In [1]:
%load_ext autoreload
%autoreload 2

In [2]:
import json
import pandas as pd

from nltk.tokenize import TweetTokenizer
from nltk.corpus.reader import TwitterCorpusReader



class MPTweetCorpusReader(TwitterCorpusReader):
    """
    Class cerate specifically for ease of use in text clustering of the 
    British Member of Parliament tweets.
    """
    
    def __init__(self, root, fileids=None, word_tokenizer=TweetTokenizer(),
                 encoding='utf-8', create_df=False):
        TwitterCorpusReader.__init__(self, root, fileids, word_tokenizer,
                                     encoding)

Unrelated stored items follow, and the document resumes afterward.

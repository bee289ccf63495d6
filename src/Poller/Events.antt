-- ===== src/Poller/Events.antt =====
-- The events of an `EventPoller` with epoll (src/Poller/EventPoller.cpp), on its own thread: `addEvent`,
-- `delEvent`, and the loop of `runLoop` over the events of one `epoll_wait`. A callback is a number, and what it
-- does to the poller is a list of acts, an argument of the loop. What `epoll_ctl` returns is an argument.
mod Expired
mod Tests
use zltool_kit.Kit.{
  ℕ, suc, ◌+◌, Bool, true, false, ◌||◌, List, [], ◌∷◌, ◌++◌, Option, none, some, ◌==◌,
  if◌then◌else◌, length,
}

pub record Events : Type 0 where
  pub event_map : List (ℕ × ℕ)
  pub event_cache_expired : List ℕ
  pub fd_count : ℕ
  pub calls : List (ℕ × ℕ)

abbrev pub find : ℕ → List (ℕ × ℕ) → Option ℕ
find fd [] = none
find fd (e ∷ es) = let rest = find fd es in if fd == e.0 then some e.1 else rest

abbrev pub erase : ℕ → List (ℕ × ℕ) → List (ℕ × ℕ)
erase fd [] = []
erase fd (e ∷ es) = let rest = erase fd es in if fd == e.0 then es else e ∷ rest

abbrev pub contains : ℕ → List ℕ → Bool
contains fd [] = false
contains fd (x ∷ xs) = (fd == x) || contains fd xs

-- `emplace` keeps an entry that is there.
abbrev pub emplace_event : ℕ → ℕ → Option ℕ → List (ℕ × ℕ) → List (ℕ × ℕ)
emplace_event fd cb none es = (fd, cb) ∷ es
emplace_event fd cb (some old) es = es

-- `addEvent` with a callback; `ok` is whether `epoll_ctl` succeeds.
unfoldable pub add_event : Bool → ℕ → ℕ → Events → Events
add_event ok fd cb s =
    let added = emplace_event fd cb (find fd s.event_map) s.event_map in
    let es = if ok then added else s.event_map in record s { event_map = es; fd_count = length es }

abbrev pub del_found : ℕ → Option ℕ → Events → Events
del_found fd none s = record s { fd_count = length s.event_map }
del_found fd (some cb) s = record s {
  event_map = erase fd s.event_map;
  event_cache_expired = fd ∷ s.event_cache_expired;
  fd_count = length (erase fd s.event_map);
}

unfoldable pub del_event : ℕ → Events → Events
del_event fd s = del_found fd (find fd s.event_map) s

-- What a callback may do.
pub data Act : Type 0 where
  add_act : Bool → ℕ → ℕ → Act
  del_act : ℕ → Act

unfoldable pub act : Act → Events → Events
unfolding add_event del_event
act (add_act ok fd cb) s = add_event ok fd cb s
act (del_act fd) s = del_event fd s

abbrev pub act_all : List Act → Events → Events
act_all [] s = s
act_all (a ∷ rest) s = act_all rest (act a s)

-- The call of a callback that was found.
abbrev pub call_found : (ℕ → List Act) → ℕ → Option ℕ → Events → Events
call_found acts fd none s = s
call_found acts fd (some cb) s = act_all (acts cb) (record s { calls = s.calls ++ ((fd, cb) ∷ []) })

-- One event of the batch.
unfoldable pub handle_event : (ℕ → List Act) → ℕ → Events → Events
unfolding act
handle_event acts fd s =
    if contains fd s.event_cache_expired then s else call_found acts fd (find fd s.event_map) s

abbrev pub handle_all : (ℕ → List Act) → List ℕ → Events → Events
handle_all acts [] s = s
handle_all acts (fd ∷ fds) s = handle_all acts fds (handle_event acts fd s)

-- A return of `epoll_wait` with the descriptors `fds`.
unfoldable pub run_batch : (ℕ → List Act) → List ℕ → Events → Events
run_batch acts fds s = handle_all acts fds (record s { event_cache_expired = [] })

        self.parties = list(set([fileid.split('/')[0] for fileid in self.fileids()]))
        self.users = [fileid.split('/')[1].split('.')[0] for fileid in self.fileids()]
        
        self.num_tweets = len(self.strings())
        self.num_parties = len(self.parties)
        self.num_users = len(self.users)
        
        
        with open(self.root + 'mps.json') as f:
            self._mp_dict = json.load(f)
        
        
        self.df_savepath = self.root + 'tweet_df.pkl'
        
        if create_df:
            print('Building tweet dataframe.')
            self._build_dataframe()
            print('Tweet dataframe built.')
            print()
        
        else:
            try:
                print("Loading tweet dataframe.")
                self.df = pd.read_pickle(self.df_savepath)
                print("Tweet dataframe loaded.")
                print()
            
            except OSError as exc:
                self.df = None
                
                print('OSError: ' + exc)
                print("No dataframe created/loaded.")
                print()
                
                
    def _build_dataframe(self):
        self.df = pd.DataFrame(columns=['user', 'party', 'userid', 'text'])
        i = -1    
        for user, info in self._mp_dict.items():
            # Get filepath for users tweet
            user_fileids = (info['party'].lower().replace(' ', '_') + '/' 
                            + user.lower().replace(' ', '') + '.jsonl')

            try:
                user_tweets = corpus.strings(user_fileids)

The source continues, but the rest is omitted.